• **Aim of the task**
Write out, word for word, only the lines from the one with "true).0 ≡ 0)" to the end of the data below.

• **Data records**
====

-- ===== src/X11bridge/Proto/Tests.antt =====
-- x11bridge/x11_proto.c: messages at concrete fields.
use ishizue.Base.{◌*◌, ℕ, ◌+◌, true, false, List, [], ◌∷◌, arith}
use ishizue.X11bridge.Proto.{lsb_first, msb_first, pad4}
use ishizue.X11bridge.Proto.Replies.{
  build_get_window_attributes_reply, build_query_best_size_reply, build_query_tree_reply,
  build_get_atom_name_reply,
}
use ishizue.X11bridge.Proto.Setup.{build_setup_success}
use ishizue.X11bridge.Proto.Sizes.{Fits, SendsLess, replies_overlong}
use ishizue.X11bridge.Proto.Greeting.{Greets, setup-Greets}

-- "Ishizue".
abbrev vendor : List ℕ
vendor = 73 ∷ 115 ∷ 104 ∷ 105 ∷ 122 ∷ 117 ∷ 101 ∷ []

replies_overlong_example :
    SendsLess lsb_first 44 24
      (build_get_window_attributes_reply 0 33 1 0 0 0 0 false false 2 true 34 0 0 0 5 lsb_first)
    × SendsLess lsb_first 16 16 (build_query_best_size_reply 0 33 5 lsb_first)
    × Fits lsb_first 64 (32 + 2 * 4) 24 (build_query_tree_reply 64 0 33 (7 ∷ 8 ∷ []) 5 lsb_first)
    × Fits lsb_first 64 (32 + pad4 7) 24 (build_get_atom_name_reply 64 vendor 5 lsb_first)
replies_overlong_example =
    replies_overlong 64 (7 ∷ 8 ∷ []) vendor 0 33 1 0 0 0 0 2 34 0 0 0 5 false false true lsb_first
      (omega arith) (omega arith)

setup-Greets_example :
    Greets msb_first 256 vendor (build_setup_success 256 msb_first 11 0 4194304 2097151 vendor)
setup-Greets_example = setup-Greets 11 0 4194304 2097151 vendor 256 msb_first
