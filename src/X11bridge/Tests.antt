-- ===== src/X11bridge/Tests.antt =====
-- x11bridge/x11_atoms.c at concrete inputs: a predefined name, a new one, and the new one again.
use ishizue.Base.{ℕ, ◌≡◌, refl, true, false, List, [], ◌∷◌, arith}
use ishizue.X11bridge.Atoms.{
  no_atoms, intern, intern_at, intern_dynamic, allocate, add_atom, find_name, index_of_name,
  name_eq, same_bytes, get_name, copy_name, name_of_dynamic,
}
use ishizue.X11bridge.Atoms.Laws.{IsValid, Interns, intern-Interns}

-- "FONT", and "ab".
abbrev font : List ℕ
font = 70 ∷ 79 ∷ 78 ∷ 84 ∷ []

abbrev short : List ℕ
short = 97 ∷ 98 ∷ []

intern_outcomes :
    let t = (intern no_atoms true true short false).1 in
    ((intern no_atoms true true font false).0 ≡ 18)
    × ((intern no_atoms true true short true).0 ≡ 0)
    × ((intern no_atoms true true short false).0 ≡ 69)
    × ((intern t true true short true).0 ≡ 69)
    × (get_name t 69 8 ≡ (2, short))
    × (get_name t 69 2 ≡ (2, 97 ∷ []))
    × (get_name t 70 8 ≡ (0, []))
unfolding intern intern_at intern_dynamic allocate add_atom find_name index_of_name name_eq
    same_bytes get_name copy_name name_of_dynamic
intern_outcomes = (refl, refl, refl, refl, refl, refl, refl)

no_atoms-IsValid : IsValid no_atoms
no_atoms-IsValid = record { numbered = tt; next_free = refl }

intern-Interns_example : Interns no_atoms short 8 (intern no_atoms true true short false)
intern-Interns_example =
    intern-Interns no_atoms true true short false 8 no_atoms-IsValid (omega arith) (omega arith)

====

• **Worked solution**
    × ((intern no_atoms true true short true).0 ≡ 0)
    × ((intern no_atoms true true short false).0 ≡ 69)
    × ((intern t true true short true).0 ≡ 69)
    × (get_name t 69 8 ≡ (2, short))
    × (get_name t 69 2 ≡ (2, 97 ∷ []))
    × (get_name t 70 8 ≡ (0, []))
unfolding intern intern_at intern_dynamic allocate add_atom find_name index_of_name name_eq
    same_bytes get_name copy_name name_of_dynamic
intern_outcomes = (refl, refl, refl, refl, refl, refl, refl)

no_atoms-IsValid : IsValid no_atoms
no_atoms-IsValid = record { numbered = tt; next_free = refl }

intern-Interns_example : Interns no_atoms short 8 (intern no_atoms true true short false)
intern-Interns_example =
    intern-Interns no_atoms true true short false 8 no_atoms-IsValid (omega arith) (omega arith)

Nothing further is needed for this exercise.